How is your denial management process? If it’s not optimized, it will affect your revenue cycle. Learn how to optimize it here.
Doctor’s offices need to go through a lot of red tape when dealing with insurance companies. They could complete a procedure, but the insurance company denies the claim based on a technicality or seemingly for any reason.
It’s important to minimize your denials and submit clean easily processed claims. Denial management is essential for healthcare companies. Every denial means longer to wait for money.
It means additional costs for cleaning and resubmitting the claims.
We’ll examine ways you can help streamline the process to reduce the denials and make denial management in healthcare more efficient.
The Cost of Denial Management
Without a denial management system, your technicians must sift through endless codes to find the correct ones. If they make a single mistake, then the insurance company uses that to deny the claim.
While we know they should approve the work, insurance companies look for any reason possible to deny a claim. Once they deny the claim, the technicians must once again go through the claim, find what’s wrong, and fix it.
This costs the time of the technician and because of that, you make less money. Therefore, it’s important to not only have efficient denial management but also clean first pass claims.
The Fate of Denied Claims
Insurance companies know doctor’s offices and hospital billing departments are busy. They don’t have the time to process claims and then reprocess denials.

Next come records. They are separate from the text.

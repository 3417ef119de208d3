-- ===== src/Processor/Leftovers.antt =====
-- What an output directory that is already there does to a job: internal/job/processor.go and
-- internal/video/service.go.
use golang_videoencoder_api.Prelude.{
  ℕ, Bytes, [], Bool, true, Option-cases, ◌≡◌, refl, sym, ap, ◌∙◌, inl, inr,
}
use golang_videoencoder_api.Result.{Error, Result, err}
use golang_videoencoder_api.Exec.Keeps.{Keeps, keeps_rules}
use golang_videoencoder_api.Domain.{VideoColumns, Job}
use golang_videoencoder_api.Machine.{Context, Os, Storage}
use golang_videoencoder_api.VideoService.{VideoService, artifact, download, fragment}
use golang_videoencoder_api.Processor.{Processor, media_work}
use golang_videoencoder_api.Processor.Stages.{
  first_failed, second_failed, third_failed, fourth_failed, all_succeeded, media_work-InStages,
}

-- The result is an error.
abbrev pub IsFailure : Result (Unit {0}) → Type 0
IsFailure r = (e : Error) × (r ≡ err e)

module _ {W : Type 0} (os : Os W) (storage : Storage W) where
  -- `os.Mkdir` fails on a path that is there, and the calls of a download leave it there.
  pub record DirectoryLaws (dir : Bytes) (is_there : W → Bool) : Type 0 where
    pub mkdir : (w : W) → is_there w ≡ true → IsFailure (os.mkdir dir w).0
    pub create : (path : Bytes) → Keeps is_there (os.create path)
    pub close_file : (file : ℕ) → Keeps is_there (os.close_file file)
    pub new_reader :
        (ctx : Context) (client : ℕ) (bucket object : Bytes)
        → Keeps is_there (storage.new_reader ctx client bucket object)
    pub close_reader : (reader : ℕ) → Keeps is_there (storage.close_reader reader)
    pub read_from : (file reader : ℕ) → Keeps is_there (storage.read_from file reader)

  module _ (ctx : Context) (v : VideoService) (is_there : W → Bool)
      (laws : DirectoryLaws (artifact os v []) is_there) where
    download-Keeps : (bucket : Bytes) → Keeps is_there (download os storage ctx v bucket)
    unfolding download
    download-Keeps bucket = elim (Option-cases v.storage_client) [
      | inl e ↦ rw e (search keeps_rules)
      | inr (client, e) ↦ rw e (
          search
            (
              keeps_rules, laws.create, laws.close_file, laws.new_reader, laws.close_reader,
              laws.read_from,
            )
            depth 8)
    ]

    fragment-IsFailure : (w : W) → is_there w ≡ true → IsFailure (fragment os ctx v w).0
    unfolding fragment
    fragment-IsFailure w there = let (e, failed) = laws.mkdir w there in (e, rw failed refl)

    failed_stage : {r : Result (Unit {0}) × W} (e : Error) (w : W) → r ≡ (err e, w) → IsFailure r.0
    failed_stage e w h = (e, ap (λ (x : Result (Unit {0}) × W). x.0) h)

    -- As long as the output directory of a video is there, the media work of a job for that video
    -- fails, whatever the storage and the tools do: `Fragment` cannot make the directory. (A job that
    -- failed behind that call has left it there, since only a success removes it.)
    pub media_work-IsFailure :
        (p : Processor W) (job : Job) (video : VideoColumns) (w : W)
        → is_there w ≡ true
        → IsFailure (media_work os storage ctx p job video v w).0
    media_work-IsFailure p job video w there =
        elim (media_work-InStages os storage ctx p job video v w) [
          | first_failed e u a r ↦ failed_stage _ _ r
          | second_failed e w1 u a b r ↦ failed_stage _ _ r
          | third_failed e w1 w2 u a b c r ↦ failed_stage _ _ r
          | fourth_failed e w1 w2 w3 u a b c d r ↦ failed_stage _ _ r
          | all_succeeded w1 w2 w3 w4 a b c d r ↦
              let still : is_there w1 ≡ true =
                ap (λ (x : Result (Unit {0}) × W). is_there x.1) (sym a)
                ∙ (download-Keeps p.source_bucket).at w
                ∙ there in
              let (e, failed) = fragment-IsFailure w1 still in absurd (cc (failed, b))
        ]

This decreases revenue because many people don’t process denied claims. Instead, they get passed on to the patient. This forces them to deal with the insurance company.

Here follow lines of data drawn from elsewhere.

-- ===== src/Expr/Fuel.antt =====
-- How much fuel the parsers of src/expr.cc need.
use kati.Prelude.{
  ℕ, zero, suc, ◌+◌, ◌*◌, ◌≤◌, ◌≡◌, ◌≢◌, Bool, false, Option, none, some, List, [], ◌∷◌, ◌++◌,
  arith, Bytes, length, drop, ◌==◌, if◌then◌else◌, Lacks, All-drop, Bool-cases, inl, inr,
  length-drop,
}
use kati.Piece.{get}
use kati.Rule.{Loc}
use kati.Expr.{Value, FuncInfo}
use kati.Expr.Scan.{ParseExprOpt, Scan, scan_round, finish, chop_return, start_scan, close_paren}
use kati.Expr.Parse.{
  name_end, after_argument, parse_expr_impl, parse_loop, parse_dollar, parse_name, parse_func,
  parse_arguments, parse_expr, skip_spaces, trim_argument, func_of, terms_of,
}
use kati.Expr.Rounds.{is_blank, scan_round-IsForward}
use kati.Expr.Stops.{parse_expr_impl-StopsPlain}
use kati.Expr.Within.{
  EndsIn, EndsIn-weaken, followed, after_round, name_end-IsEndOf, after_name,
  after_argument-IsAfter, after_lookup, after_test, plain_terms, close_paren-plain, followed_plain,
  within, blank_within, not_both, no_colon, unmatched_reference-EndsIn, skip_spaces-le,
  trim_argument-le, chop_return-Lacks, length-chop_return, after_end, check_arity-EndsIn,
}

-- In a text with no colon, three units of fuel for each byte and two more are enough.
mutual
  unfolding parse_expr_impl parse_loop parse_dollar parse_name parse_func parse_arguments finish

  impl-EndsIn :
      (f : ℕ) (loc : Loc) (s : Bytes) (terms : Option Bytes) (opt : ParseExprOpt)
      (trim_right : Bool)
      → Lacks b':' s
      → 3 * length s + 2 ≤ f
      → EndsIn 0 (length s) (parse_expr_impl f loc s terms opt trim_right)
  impl-EndsIn zero loc s terms opt trim_right lacks h = absurd (omega arith)
  impl-EndsIn (suc f) loc s terms opt trim_right lacks h =
      let le = length-chop_return s in
      EndsIn-weaken 0 (length (chop_return s)) 0 (length s)
        (parse_loop f opt trim_right loc (chop_return s) (start_scan terms loc)) (omega arith) le
        (loop-EndsIn f opt trim_right loc (chop_return s) (start_scan terms loc)
          (chop_return-Lacks s lacks) (omega arith) (omega arith))

  loop-EndsIn :
      (f : ℕ) (opt : ParseExprOpt) (trim_right : Bool) (list_loc : Loc) (s : Bytes) (w : Scan)
      → Lacks b':' s
      → w.i ≤ length s
      → 3 * length s + 1 ≤ f + 3 * w.i
      → EndsIn 0 (length s) (parse_loop f opt trim_right list_loc s w)
  loop-EndsIn zero opt trim_right list_loc s w lacks le h = absurd (omega arith)
  loop-EndsIn (suc f) opt trim_right list_loc s w lacks le h =
      after_round s w (scan_round opt s w) _ _ _ _ (scan_round-IsForward s w opt le)
        (λ loc. (omega arith, le)) (λ list n p. (omega arith, p))
        (λ list p.
          let d = length-drop w.i s in
          followed 2 (length (drop w.i s)) 0 (length s) (parse_dollar f w.loc (drop w.i s)) _
            (dollar-EndsIn f w.loc (drop w.i s) (All-drop _ w.i s lacks) (omega arith)
              (omega arith))
            (λ v n loc lo hi.
              loop-EndsIn f opt trim_right list_loc s
                (record w { i = w.i + n; b = w.i + n; list = list ++ v ∷ []; loc = loc }) lacks
                (omega arith) (omega arith)))
        (λ w' p q. loop-EndsIn f opt trim_right list_loc s w' lacks q (omega arith))

  dollar-EndsIn :
      (f : ℕ) (loc : Loc) (s : Bytes)
      → Lacks b':' s
      → 2 ≤ length s
      → 3 * length s ≤ suc f
      → EndsIn 2 (length s) (parse_dollar f loc s)
  dollar-EndsIn zero loc s lacks two h = absurd (omega arith)
  dollar-EndsIn (suc f) loc s lacks two h = elim (Bool-cases (close_paren (get s 1) == 0)) [
    | inl e ↦ rw e (omega arith, two)
    | inr e ↦ rw e (
        first_name-EndsIn f loc loc s (close_paren (get s 1)) lacks two (ground arith)
          (close_paren-plain (get s 1)) (omega arith))
  ]

  first_name-EndsIn :
      (f : ℕ) (start loc : Loc) (s : Bytes) (cp : ℕ)
      → Lacks b':' s
      → 2 ≤ length s
      → cp ≢ 0
      → is_blank cp ≡ false
      → 3 * length s ≤ f + 2
      → EndsIn 2 (length s) (parse_name f start loc s cp (b':' ∷ b' ' ∷ []))
  first_name-EndsIn zero start loc s cp lacks two c p h = absurd (omega arith)
  first_name-EndsIn (suc f) start loc s cp lacks two c p h =
      let d = length-drop 2 s in
      followed 0 (length (drop 2 s)) 2 (length s) _ _
        (impl-EndsIn f loc (drop 2 s) (some (cp ∷ b':' ∷ b' ' ∷ [])) ParseExprOpt.normal false
          (All-drop _ 2 s lacks) (omega arith))
        (λ vname n loc' lo hi.
          after_name s cp (get s (n + 2)) (name_end cp (get s (n + 2))) _ _ _ _
            (name_end-IsEndOf cp _)
            (λ e. let i = within s (n + 2) cp e c in (omega arith, omega arith))
            (λ e.
              let i = blank_within s (n + 2) e in
              after_lookup (length s) (func_of vname) _ _
                (second_name-EndsIn f start loc' s cp lacks two c p (omega arith))
                (λ fi.
                  func-EndsIn f start loc' s cp fi (n + 3) lacks c (omega arith) (omega arith)
                    (omega arith)))
            (λ e. absurd (no_colon s (n + 2) lacks e))
            (unmatched_reference-EndsIn start s cp loc' two))

  second_name-EndsIn :
      (f : ℕ) (start loc : Loc) (s : Bytes) (cp : ℕ)
      → Lacks b':' s
      → 2 ≤ length s
      → cp ≢ 0
      → is_blank cp ≡ false
      → 3 * length s ≤ f + 3
      → EndsIn 2 (length s) (parse_name f start loc s cp (b':' ∷ []))
  second_name-EndsIn zero start loc s cp lacks two c p h = absurd (omega arith)
  second_name-EndsIn (suc f) start loc s cp lacks two c p h =
      let d = length-drop 2 s in
      let t = plain_terms cp p in
      followed_plain (drop 2 s) 0 (length (drop 2 s)) 2 (length s) _ _
        (impl-EndsIn f loc (drop 2 s) (some (cp ∷ b':' ∷ [])) ParseExprOpt.normal false
          (All-drop _ 2 s lacks) (omega arith))
        (parse_expr_impl-StopsPlain f loc (drop 2 s) (cp ∷ b':' ∷ []) ParseExprOpt.normal false t.0
          t.1)
        (λ vname n loc' lo hi plain.
          after_name s cp (get s (n + 2)) (name_end cp (get s (n + 2))) _ _ _ _
            (name_end-IsEndOf cp _)
            (λ e. let i = within s (n + 2) cp e c in (omega arith, omega arith))
            (λ e. absurd (not_both s n e plain)) (λ e. absurd (no_colon s (n + 2) lacks e))
            (unmatched_reference-EndsIn start s cp loc' two))

  func-EndsIn :
      (f : ℕ) (start loc : Loc) (s : Bytes) (cp : ℕ) (fi : FuncInfo) (i : ℕ)
      → Lacks b':' s
      → cp ≢ 0
      → 2 ≤ i
      → i ≤ length s
      → 3 * length s + 4 ≤ f + 3 * i
      → EndsIn 2 (length s) (parse_func f start loc s cp fi i)
  func-EndsIn zero start loc s cp fi i lacks c two le h = absurd (omega arith)
  func-EndsIn (suc f) start loc s cp fi i lacks c two le h =
      let skipped = skip_spaces (cp ∷ b',' ∷ []) (drop i s) loc in
      let k = skip_spaces-le (cp ∷ b',' ∷ []) (drop i s) loc in
      let d = length-drop i s in
      after_test (length s) (i + skipped.0 == length s) _ _ (λ e. (omega arith, omega arith))
        (λ e.
          followed (i + skipped.0) (length s) 2 (length s) _ _
            (arguments-EndsIn f skipped.1 s cp fi (i + skipped.0) [] lacks c (omega arith)
              (omega arith))
            (λ vs n loc' lo hi. (omega arith, hi)))

  arguments-EndsIn :
      (f : ℕ) (loc : Loc) (s : Bytes) (cp : ℕ) (fi : FuncInfo) (i : ℕ) (args : List Value)
      → Lacks b':' s
      → cp ≢ 0
      → i ≤ length s
      → 3 * length s + 3 ≤ f + 3 * i
      → EndsIn i (length s) (parse_arguments f loc s cp fi i args)
  arguments-EndsIn zero loc s cp fi i args lacks c le h = absurd (omega arith)
  arguments-EndsIn (suc f) loc s cp fi i args lacks c le h =
      let trimmed = if fi.trim_space then trim_argument (drop i s) loc else (0, loc) in
      let k : i + trimmed.0 ≤ length s =
        ground (arith, trim_argument-le (drop i s) loc, length-drop i s) in
      let d = length-drop (i + trimmed.0) s in
      followed 0 (length (drop (i + trimmed.0) s)) i (length s) _ _
        (impl-EndsIn f trimmed.1 (drop (i + trimmed.0) s) (some (terms_of fi cp (length args + 1)))
          ParseExprOpt.func_args _ (All-drop _ (i + trimmed.0) s lacks) (omega arith))
        (λ v n loc' lo hi.
          after_end n (after_argument cp s (i + trimmed.0 + n)) _ _ _ i (length s)
            (after_argument-IsAfter cp s i (i + trimmed.0 + n) c (omega arith) (omega arith)) tt
            (λ i' lo' hi'.
              check_arity-EndsIn fi (args ++ v ∷ []) i' i (length s) loc' (omega arith) hi')
            (λ i' lo' hi'.
              EndsIn-weaken i' (length s) i (length s)
                (parse_arguments f loc' s cp fi i' (args ++ v ∷ [])) (omega arith) (omega arith)
                (arguments-EndsIn f loc' s cp fi i' (args ++ v ∷ []) lacks c hi' (omega arith))))

-- In a text with no colon and with a NUL byte behind it, as a string has, `ParseExpr` comes to an end
-- within the text or with an error, if the calls have three units of fuel for each byte and two more:
-- no text of this kind makes the parsers call one another without end.
pub parse_expr-EndsIn :
    (fuel : ℕ) (loc : Loc) (s : Bytes) (opt : ParseExprOpt)
    → Lacks b':' s
    → 3 * length s + 2 ≤ fuel
    → EndsIn 0 (length s) (parse_expr fuel loc s opt)
unfolding parse_expr
parse_expr-EndsIn fuel loc s opt lacks h = impl-EndsIn fuel loc s none opt false lacks h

This loss of revenue caused several healthcare agencies to begin a prevention-focused claim denial strategy. Denial management in the healthcare process includes developing automated processes and analyzing denial reasons. By examining these issues, you improve your revenue stream.
Analyzing Claim Denial Reasons
One of the biggest assets in denial management in medical billing ls is understanding why they happen. The most common causes of claim denials include missing information, incorrect patient demographic, and technical errors.
You can avoid 90 percent of claim denials. Human error is inevitable, but the bulk of these issues can be avoided.
It requires better examination by the technicians. Programming that provides automatic filling of information also helps.
Duplicate claim submission is another common issue. Insurance companies deny the claims and send duplicates back. One of the best ways to stop submitting duplicates is the use of programming to keep track of claims.
Many times, the insurance company decides it doesn’t cover the services offered by the hospital or doctor’s office. There isn’t much to do for services not covered by the insurance company.
Insurance claims have an expiration date. If the billing department doesn’t get the claims out promptly, then the insurance company denies the claim. There are programs that make sure you don’t forget about insurance claims.
A key to decreasing this is have the claims correct before sending them. Traditional denial management is reactive. They wait until they get the denial from the insurance carrier before examining the claim.
Checks and balances can keep these common issues from happening if technicians examine the claims before being sent. They track the claim denial rate and set goals to decrease it.
Get Accurate Information from the Beginning
Insurance companies deny many claims because of missing or incorrect patient information. This is part of the front end revenue cycle management and your denial and appeal management. Nurses and health providers should get the information ahead of time and input them into the billing system.
The billing department doesn’t access the patients. They don’t see the patients to get the information, so it is up to the main office staff.
If the insurance company denies the claim because the service isn’t covered, hospital staff can check to see if they cover the procedures ahead of time before doing them. By the time billing gets the claim, they did the procedure. They have no way of knowing that it isn’t covered until they get the denial.
Families dealing with medical issues already have a lot on their plate. They’re dealing not only with the medical issues but the stress of the bills and hardships of life. The last thing they want to deal with is a denied claim.
By making sure the claim is correct and covered ahead of submission, it’s good not only for the healthcare provider but also the family. Imagine how the family would feel if they received multiple treatments not covered by the insurance and not aware until weeks after the procedures.
Automation Can Make Claim Denials More Efficient
Relying on people can help improve denial management services, but people are fallible. No matter how well they try, there are always going to claim that slip through the cracks. This is where automation can help.
Many healthcare providers still use manual claim denial management, but automation can help process payer rules and codes faster and more efficiently. There are thousands of diagnostic codes and varying insurance policies to wade through.
Automation reduces research time and lets the billing team check the claims before they are submitted. Automation also utilizes analytics so you can optimize the various denial management strategies. Analytics also includes interactive reports and other data that can help set benchmarks for claim denials and improve overall strategies.
Hospitals and healthcare agencies can also outsource their denial and claim management systems.
Don’t Let Claim Denials Run Your Revenue Stream
Hospitals and healthcare practitioners suffer revenue loss from claim denials for many reasons. Denial management systems can help recoup the losses and allow for more efficient proofing and data collection for claims before submitted.